- Born: America
- Other names: Mary Morrissey Kwasny, Mary Morrissey, Mary Jeanne Kwasny
- Education: St. Ignatius College Prep, Harvard University
- Occupations: biostatistician, professor of preventative medicine
- Employer: Northwestern University
- Known for: biostatistics research
- Notable work: statistics of human versus computer solutions of Wordle
- Awards: Fellow of the American Statistical Association

= Mary Kwasny =

American biostatistician

Mary Morrissey Kwasny (also published as Mary Morrissey and as Mary Jeanne Kwasny) is an American biostatistician, a professor of preventative medicine in the division of biostatistics and informatics at the Northwestern University Feinberg School of Medicine. Her methodological research interests include longitudinal study data, and data misclassification and measurement errors; she has also studied the effects of behavioral interventions in health care. Beyond biostatistics, she has written about the statistics of human versus computer solutions of Wordle.

==Education and career==
Kwasny is a 1988 graduate of St. Ignatius College Prep, a Jesuit Catholic high school in Chicago. She has a 1998 doctorate in biostatistics from Harvard University; her dissertation, Misclassification, Nonignorable Nonresponse, and Mismeasurement, was supervised by Donna Spiegelman.

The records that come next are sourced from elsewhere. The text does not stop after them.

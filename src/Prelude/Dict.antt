-- ===== src/Prelude/Dict.antt =====
-- Python dictionaries with text keys: insertion order is kept, and a write to a key that is there
-- keeps its place.

use Prim.Native.String.{String}
use mathlib.Core.Path.{◌≡◌, refl, sym}
use mathlib.Core.Logic.{◌≢◌, ◌⊎◌, inl, inr}
use mathlib.Core.Bool.{Bool, true, false, ◌||◌}
use mathlib.Core.Option.{Option, none, some}
use mathlib.Core.List.{List, [], ◌∷◌}
use native.Mathlib.Omega.{arith}
use text.Mathlib.TextEquality.{eq_iff}
use trace_gate_framework.Prelude.Lists.{contains, is_unique}
use trace_gate_framework.Prelude.Tests.{some-inj, ◌==◌, string_Eq, if◌then◌else◌, Bool-cases, eq_ne}

abbrev pub Dict {ℓ} : Type ℓ → Type ℓ
Dict V = List (String × V)

module _ {ℓ} {V : Type ℓ} where
  -- `d.get(k)`
  unfoldable pub lookup : String → Dict V → Option V
  lookup k [] = none
  lookup k ((j, v) ∷ d) = if j == k then some v else lookup k d

  -- `k in d`
  unfoldable pub has_key : String → Dict V → Bool
  has_key k [] = false
  has_key k ((j, v) ∷ d) = (j == k) || has_key k d

  -- `d[k] = v`
  unfoldable pub insert : String → V → Dict V → Dict V
  insert k v [] = (k, v) ∷ []
  insert k v ((j, w) ∷ d) = let rest = insert k v d in if j == k then (j, v) ∷ d else (j, w) ∷ rest

  -- `del d[k]`, which leaves no entry of the key.
  unfoldable pub delete : String → Dict V → Dict V
  delete k [] = []
  delete k ((j, v) ∷ d) = let rest = delete k d in if j == k then rest else (j, v) ∷ rest

  abbrev pub keys : Dict V → List String
  keys [] = []
  keys ((j, v) ∷ d) = j ∷ keys d

  abbrev pub values : Dict V → List V
  values [] = []
  values ((j, v) ∷ d) = v ∷ values d

  pub lookup-insert :
      (k j : String) (v : V) (d : Dict V)
      → lookup j (insert k v d) ≡ (if k == j then some v else lookup j d)
  unfolding lookup insert
  lookup-insert k j v [] = refl
  lookup-insert k j v ((i, w) ∷ d) =
      ground (arith, eq_iff k j, eq_iff i k, eq_iff i j, lookup-insert k j v d)

  pub lookup-delete :
      (k j : String) (d : Dict V) → lookup j (delete k d) ≡ (if k == j then none else lookup j d)
  unfolding lookup delete
  lookup-delete k j [] = ground arith
  lookup-delete k j ((i, w) ∷ d) =
      ground (arith, eq_iff k j, eq_iff i k, eq_iff i j, lookup-delete k j d)

  pub has_key-lookup : (k : String) (d : Dict V) → has_key k d ≡ true → lookup k d ≢ none
  unfolding has_key lookup
  has_key-lookup k [] h = λ e. cc
  has_key-lookup k ((i, w) ∷ d) h = ground (arith, has_key-lookup k d)

  pub lookup-has_key : (k : String) (d : Dict V) → has_key k d ≡ false → lookup k d ≡ none
  unfolding has_key lookup
  lookup-has_key k [] h = refl
  lookup-has_key k ((i, w) ∷ d) h = ground (arith, lookup-has_key k d)

  pub contains-keys-insert :
      (k j : String) (v : V) (d : Dict V)
      → contains j (keys (insert k v d)) ≡ ((k == j) || contains j (keys d))
  unfolding insert contains
  contains-keys-insert k j v [] = refl
  contains-keys-insert k j v ((i, w) ∷ d) =
      ground (arith, eq_iff k j, eq_iff i k, eq_iff i j, contains-keys-insert k j v d)

  -- A dictionary has each key once.
  pub is_unique-insert :
      (k : String) (v : V) (d : Dict V)
      → is_unique (keys d) ≡ true
      → is_unique (keys (insert k v d)) ≡ true
  unfolding insert is_unique
  is_unique-insert k v [] h = refl
  is_unique-insert k v ((i, w) ∷ d) h =
      ground (arith, eq_iff i k, eq_iff k i, contains-keys-insert k i v d, is_unique-insert k v d)

  pub lookup-contains :
      (k : String) (d : Dict V) (v : V) → lookup k d ≡ some v → contains k (keys d) ≡ true
  unfolding lookup contains
  lookup-contains k [] v h = cc
  lookup-contains k ((i, w) ∷ d) v h = ground (arith, lookup-contains k d v)

  -- What an entry of a dictionary is, after a write.
  pub lookup-insert_cases :
      (k j : String) (v w : V) (d : Dict V)
      → lookup j (insert k v d) ≡ some w
      → ((j ≡ k) × (w ≡ v)) ⊎ ((j ≢ k) × (lookup j d ≡ some w))
  lookup-insert_cases k j v w d h = elim (Bool-cases (k == j)) [
    | inl y ↦ inl (sym ((eq_iff k j).0 y), sym (some-inj (rw (lookup-insert, y) at h)))
    | inr n ↦ inr (λ e. eq_ne k j n (sym e), (rw (lookup-insert, n) at h))
  ]
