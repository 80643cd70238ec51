-- ===== src/Documents.antt =====
-- validation.py: the access intent and the read profile, and what `validate_value` checks of them.
-- The messages of the JSON Schema validator are an argument. The records have the fields that the
-- schema requires; a field that it leaves open is optional here.
use trace_gate_framework.Prelude.{
  ℕ, String, Bool, true, false, not, ◌&&◌, ◌||◌, Option, none, some, List, [], ◌∷◌, ◌++◌, ◌==◌,
  string_Eq, if◌then◌else◌, ltb, contains, subset, is_empty, length, concat, Result, ok, err,
  value_error, key_error,
}

-- A JSON value where the code expects a list of texts.
pub data Strings : Type 0 where
  strings : List String → Strings
  not_strings : Strings

-- A JSON value where the code expects a positive integer.
pub data Count : Type 0 where
  count : ℕ → Count
  not_count : Count

pub record Retrieval : Type 0 where
  pub mode : String
  pub embedding_group_ids : List String
  pub query_digest : Option String

pub record Constraints : Type 0 where
  pub maximum_sensitivity : String
  pub freshness_requirement : String
  pub context_budget_bytes : ℕ
  pub raw_access_requested : Bool
  pub full_history_requested : Option Bool

-- `targets`; `bounded_in_time` tells whether some bound of the time range is given.
pub record Targets : Type 0 where
  pub artifact_ids : Option Strings
  pub ledger_ids : Option (List String)
  pub bounded_in_time : Bool

pub record AccessIntent : Type 0 where
  pub purpose_class : String
  pub operation : String
  pub targets : Targets
  pub retrieval : Option Retrieval
  pub constraints : Constraints

pub record AppliesTo : Type 0 where
  pub purpose_classes : Option (List String)
  pub operations : Option (List String)
  pub artifact_types : Option (List String)

pub record Selection : Type 0 where
  pub default_tiers : List String
  pub full_history_allowed : Bool
  pub raw_access_allowed : Bool
  pub field_allowlist : Option (List String)
  pub field_denylist : Option (List String)

pub record Limits : Type 0 where
  pub maximum_sensitivity : String
  pub max_context_bytes : Count
  pub max_records : Count
  pub max_age_seconds : Count

pub record SemanticPolicy : Type 0 where
  pub mode : String
  pub allowed_group_ids : List String
  pub max_candidates : ℕ
  -- in units of 2⁻¹⁰⁷⁴, which every non-negative finite double is a multiple of
  pub minimum_score : ℕ
  pub allow_cross_group : Option Bool
  pub exact_fallback : Option Bool

pub record ReadProfile : Type 0 where
  pub profile_id : String
  pub status : String
  pub applies_to : AppliesTo
  pub selection : Selection
  pub semantic_retrieval : Option SemanticPolicy
  pub limits : Limits

-- `d.get(k, [])`
abbrev pub listed {ℓ} : {A : Type ℓ} → Option (List A) → List A
listed none = []
listed (some xs) = xs

-- The truth value of `d.get(k)`.
abbrev pub is_set : Option Bool → Bool
is_set none = false
is_set (some b) = b

abbrev is_text : Option String → Bool
is_text none = false
is_text (some text) = not (text == "")

-- `errors.append(message)` under a test.
abbrev pub complain : Bool → String → List String
complain true message = message ∷ []
complain false message = []

abbrev exact_retrieval : Retrieval
exact_retrieval = record { mode = "exact"; embedding_group_ids = []; query_digest = none }

abbrev pub retrieval_of : AccessIntent → Retrieval
retrieval_of intent = elim intent.retrieval [ none ↦ exact_retrieval | some r ↦ r ]

-- `semantic_errors("document-access-intent.yaml", intent)`
unfoldable pub intent_errors : AccessIntent → List String
intent_errors intent =
    let r : Retrieval = retrieval_of intent in
    let searches : Bool = (r.mode == "semantic") || (r.mode == "hybrid") in
    complain
      (intent.constraints.raw_access_requested
        && not (contains intent.purpose_class ("incident_response" ∷ "audit_reconstruction" ∷ [])))
      "raw access requires incident_response or audit_reconstruction"
    ++ complain
        (is_set intent.constraints.full_history_requested
          && not (intent.purpose_class == "audit_reconstruction"))
        "full history requires audit_reconstruction"
    ++ complain ((r.mode == "exact") && not (is_empty r.embedding_group_ids))
        "exact retrieval cannot request embedding groups"
    ++ complain (searches && is_empty r.embedding_group_ids)
        "semantic or hybrid retrieval requires embedding groups"
    ++ complain (searches && not (is_text r.query_digest))
        "semantic or hybrid retrieval requires a query digest"

-- The mode, the allowed groups and `allow_cross_group` of a profile.
abbrev pub semantic_mode : ReadProfile → String
semantic_mode profile = elim profile.semantic_retrieval [ none ↦ "disabled" | some p ↦ p.mode ]

abbrev semantic_groups : ReadProfile → List String
semantic_groups profile = elim profile.semantic_retrieval [
  | none ↦ []
  | some p ↦ p.allowed_group_ids
]

abbrev semantic_crosses : ReadProfile → Bool
semantic_crosses profile = elim profile.semantic_retrieval [
  | none ↦ false
  | some p ↦ is_set p.allow_cross_group
]

-- `semantic_errors("document-read-profile.yaml", profile)`
unfoldable pub profile_errors : ReadProfile → List String
profile_errors profile =
    let groups : List String = semantic_groups profile in
    let disabled : Bool = semantic_mode profile == "disabled" in
    complain
      (profile.selection.raw_access_allowed
        && not (
            subset (listed profile.applies_to.purpose_classes)
              ("incident_response" ∷ "audit_reconstruction" ∷ [])))
      "raw-enabled profiles may only serve incident or audit purposes"
    ++ complain (disabled && not (is_empty groups))
        "disabled semantic retrieval cannot allow embedding groups"
    ++ complain (not disabled && is_empty groups)
        "enabled semantic retrieval requires allowed embedding groups"
    ++ complain (semantic_crosses profile && ltb (length groups) 2)
        "cross-group retrieval requires at least two allowed groups"

unfoldable pub join : String → List String → String
join separator [] = ""
join separator (x ∷ []) = x
join separator (x ∷ y ∷ xs) = concat x (concat separator (join separator (y ∷ xs)))

-- The end of `validate_value`.
unfoldable pub raise_messages : String → List String → Result (Unit {0})
unfolding join
raise_messages name [] = ok tt
raise_messages name (m ∷ ms) = err (value_error (concat name (concat ": " (join "; " (m ∷ ms)))))

unfoldable pub validate_intent : (AccessIntent → List String) → AccessIntent → Result (Unit {0})
unfolding raise_messages intent_errors
validate_intent schema_messages intent =
    raise_messages "document-access-intent.yaml" (schema_messages intent ++ intent_errors intent)

unfoldable pub validate_profile : (ReadProfile → List String) → ReadProfile → Result (Unit {0})
unfolding raise_messages profile_errors
validate_profile schema_messages profile =
    raise_messages "document-read-profile.yaml" (schema_messages profile ++ profile_errors profile)

-- `SENSITIVITY[level]`
unfoldable pub sensitivity : String → Result ℕ
sensitivity level =
    if level == "public"
    then ok 0
    else if level == "internal"
    then ok 1
    else if level == "confidential"
    then ok 2
    else if level == "restricted"
    then ok 3
    else err key_error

She worked for the Rush University Medical Center in Chicago from 1999 to 2009, before moving to her present position at Northwestern University in 2009.

==Recognition==
Kwasny was named as a Fellow of the American Statistical Association in 2015, "for innovative analyses of health-related longitudinal studies, her unique ability to extract clinically useful messages; for her outstanding collaborations, curriculum development, and teaching in biostatistics and epidemiology; and for her exceptional service". In 2023, she received the American Statistical Association Founders Award for distinguished service to the profession.